With human connection comes creativity
This is also true for our designers and UX designers.
Creativity arises from interaction, not screen time: over a coffee, on the road, by observing users, or by talking to clients.
An UX designer who never leaves home is cut off from the field. Understanding human behaviour requires being present, listening closely, and making contact.
Remote Work and the Psychology of Work
Working from home also means bringing the stress of work into your personal space. The tension from a difficult call, the doubts, the deadlines: all of that stays within your walls.
The office, however, establishes a healthy separation. You leave your stress there, and you leave feeling lighter. This psychological safety valve is often underestimated.
Our Stance at KERN IT
At KERN IT, we have chosen a simple, honest approach:
Remote working is permitted, useful, and sometimes necessary.
But it will never replace human connection.
- For juniors, it is highly discouraged: the first years are built on knowledge transfer and team life.
- For experienced profiles, it becomes a balanced tool, founded on trust and synchronisation.
We believe in a model inspired by Bell Labs:
Moments of deep work for production, and moments of exchange for learning, creating, and growing together.
One last piece of advice
If you know exactly what to do, stay at home.

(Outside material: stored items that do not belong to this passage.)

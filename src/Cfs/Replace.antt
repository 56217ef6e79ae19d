-- ===== src/Cfs/Replace.antt =====
-- `cfs_file_register_block` of cfs/src/cfs.c for an index that the file has already.
use fusefs_block.Base.{
  ℕ, ◌+◌, ◌^◌, ◌≤◌, ◌<◌, ◌≡◌, ◌≢◌, refl, sym, ap, ◌∙◌, true, false, some, arith, ◌++◌, ℤ, pos,
  negsuc, ◌+ℤ◌, is_neg, length, take, drop, Bytes, CString,
}
use fusefs_block.Posix.{Posix, seek_cur}
use fusefs_block.Posix.View.{View, Descriptor, overwrite, put_file_ne}
use fusefs_block.Posix.Overwrite.{overwrite_same}
use fusefs_block.Posix.Laws.{IsPosix}
use fusefs_block.Posix.Runs.{Runs, Runs-pure, Runs-bind, Runs-seq, Runs-cast}
use fusefs_block.Io.{s_lseek, s_read, s_write}
use fusefs_block.Io.Write.{IsWhole}
use fusefs_block.Io.Opened.{
  IsOpened, at_file, at_file_same, opened-s_lseek, opened-s_read, opened-s_write, Runs-arg,
}
use fusefs_block.Util.{calculate_hash}
use fusefs_block.Storage.{BlkStore, block_path, block_size, hash_length}
use fusefs_block.Storage.Block.{store_block, block_get_size}
use fusefs_block.Storage.Refs.{block_file}
use fusefs_block.Storage.Blocks.{Runs-block_get_size}
use fusefs_block.Cfs.{int_offset, CfsFile, CfsBlock, Garbage}
use fusefs_block.Cfs.Blocks.{replace_pair, resized, cfs_file_register_block}
use fusefs_block.Cfs.Pairs.{pairs_bytes}
use fusefs_block.Cfs.Image.{Image, header_bytes, image_bytes, find_pair}
use fusefs_block.Cfs.Search.{Shows, image_small, Runs-search_found}
use fusefs_block.Cfs.Append.{Runs-write_header}
use fusefs_block.Cfs.Load.{overlay_all}

-- The image with another size.
abbrev pub with_size : Image → ℤ → Image
with_size image size = record image { size = size }

image_bytes-header :
    (image : Image)
    → image_bytes image ≡ header_bytes image.size (length image.pairs) ++ pairs_bytes image.pairs
unfolding image_bytes
image_bytes-header image = refl

-- The offset of the old hash, where it arrives with its sign.
signed_offset :
    (garbage : Garbage) → garbage.sign_extended ≡ true → int_offset garbage (negsuc 19) ≡ negsuc 19
unfolding int_offset
signed_offset garbage signed = rw signed refl

module _ {os : Posix} (law : IsPosix os) (whole : IsWhole os) {signals : ℕ} (fuel : ℕ)
    (enough : block_size + signals < fuel) (storage : BlkStore) (file : CfsFile) (fd : ℕ)
    (p : CString) (d : Descriptor) (this : file.fd ≡ pos fd) (v : View) (is : IsOpened v fd p d)
    (old : Bytes) (refs : ℕ) (bytes : Bytes) (old_size : length old ≡ 20)
    (usable : law.usable (block_path storage old) ≡ true) (apart : p ≢ block_path storage old)
    (known : v.files (block_path storage old) ≡ some (block_file refs bytes))
    (short : 8 + length bytes < 2 ^ 31) where
  -- The old hash is read and written back, whatever the new one is.
  Runs-replace_pair :
      (garbage : Garbage) (hash c : Bytes) (o : ℕ)
      → garbage.sign_extended ≡ true
      → length hash ≡ 20
      → take 20 (drop o c) ≡ old
      → length c < 2 ^ 31
      → o + 20 ≤ length c
      → Runs law signals
          (replace_pair os fuel garbage storage file hash)
          (at_file v fd p c o)
          (pos (8 + length bytes))
          (at_file v fd p c (o + 20))
  unfolding replace_pair
  Runs-replace_pair garbage hash c o signed hash_size at small within =
      Runs-bind _
        (Runs-arg (λ z. s_read os fuel z hash_length) this
          (Runs-cast (λ i. (pos (length (at i)), at i))
            (ap (λ t. at_file v fd p c (o + length t)) at
              ∙ ap (λ n. at_file v fd p c (o + n)) old_size)
            (opened-s_read law v fd p d is fuel c o 20 (omega arith))))
        (Runs-bind _
          (Runs-arg (block_get_size os fuel storage) (overlay_all hash old (omega arith)) (
            Runs-block_get_size law whole fuel enough storage old (at_file v fd p c (o + 20)) usable
              refs bytes (put_file_ne p _ _ v.files apart ∙ known) short))
          (Runs-seq
            (Runs-arg (λ z. s_lseek os fuel file.fd z seek_cur) (signed_offset garbage signed)
              (Runs-arg (λ z. s_lseek os fuel z (negsuc 19) seek_cur) this
                (opened-s_lseek law v fd p d is fuel c (o + 20) (negsuc 19) seek_cur o
                  (unfold ◌+ℤ◌ in ground arith) (omega arith) (omega arith))))
            (Runs-seq
              (Runs-arg (λ t. s_write os fuel file.fd t) (overlay_all hash old (omega arith))
                (Runs-arg (λ z. s_write os fuel z old) this
                  (opened-s_write law v fd p d is whole fuel c o old c (o + 20)
                    (ap (overwrite c o) (sym at) ∙ overwrite_same c o 20) (omega arith)
                    (omega arith) (omega arith))))
              (Runs-pure _ _))))

  pub Runs-register_present :
      (u : View) {r : ℤ} (sha1 : Bytes → Bytes) (garbage : Garbage) (image : Image)
      (block : CfsBlock)
      → Runs law signals
          (store_block os fuel storage block.buffer block.size
            (calculate_hash sha1 block.buffer block.size))
          u
          r
          v
      → garbage.sign_extended ≡ true
      → is_neg r ≡ false
      → Shows file fd image
      → length image.pairs < fuel
      → v.files p ≡ some (image_bytes image)
      → find_pair block.index image.pairs ≡ some old
      → length (calculate_hash sha1 block.buffer block.size) ≡ 20
      → Runs law signals
          (cfs_file_register_block os fuel sha1 garbage storage file block)
          u
          (pos 0, resized file (pos (8 + length bytes)) block.size)
          (at_file v fd p
            (image_bytes (with_size image (resized file (pos (8 + length bytes)) block.size).size))
            23)
  unfolding cfs_file_register_block
  Runs-register_present u {r} sha1 garbage image block stored_ signed well shows rounds holds
        present hash_size =
      let small : length (image_bytes image) < 2 ^ 31 =
        omega (arith, image_small file fd image shows) in
      let enough8 : 8 + signals < fuel = omega arith in
      let (o, search_run, at, within, behind) =
        Runs-search_found law fuel v fd p d is file image shows enough8 rounds garbage block.index
          d.offset old present in
      Runs-bind _
        (Runs-cast refl (sym (at_file_same v fd p d (image_bytes image) is holds)) stored_)
        (rw well (
          Runs-bind _ search_run (
            Runs-bind _
              (Runs-cast refl (ap (λ c. at_file v fd p c (o + 20)) (image_bytes-header image)) (
                Runs-replace_pair garbage (calculate_hash sha1 block.buffer block.size)
                  (image_bytes image) o signed hash_size at small within))
              (Runs-seq
                (Runs-cast refl
                  (ap (λ c. at_file v fd p c 23) (sym (image_bytes-header (with_size image _))))
                  (Runs-write_header law whole fuel (omega arith) v fd p d is
                    (resized file (pos (8 + length bytes)) block.size) image.size
                    (length image.pairs) (length image.pairs) (pairs_bytes image.pairs) (o + 20)
                    this shows.blocks_same))
                (Runs-pure _ _)))))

Find your flow, enter the zone, focus.
Remote working is your ally: it's time for deep work.
But if you don't yet know what to do, go to the office. Find your colleagues, talk, challenge your ideas, and ask for help. It is in these exchanges that clarity, solutions... and often the best ideas are born.
Conclusion
Yes, remote work is ideal for simple execution.
But if you want to improve, create, and grow as an individual, the team setting remains irreplaceable.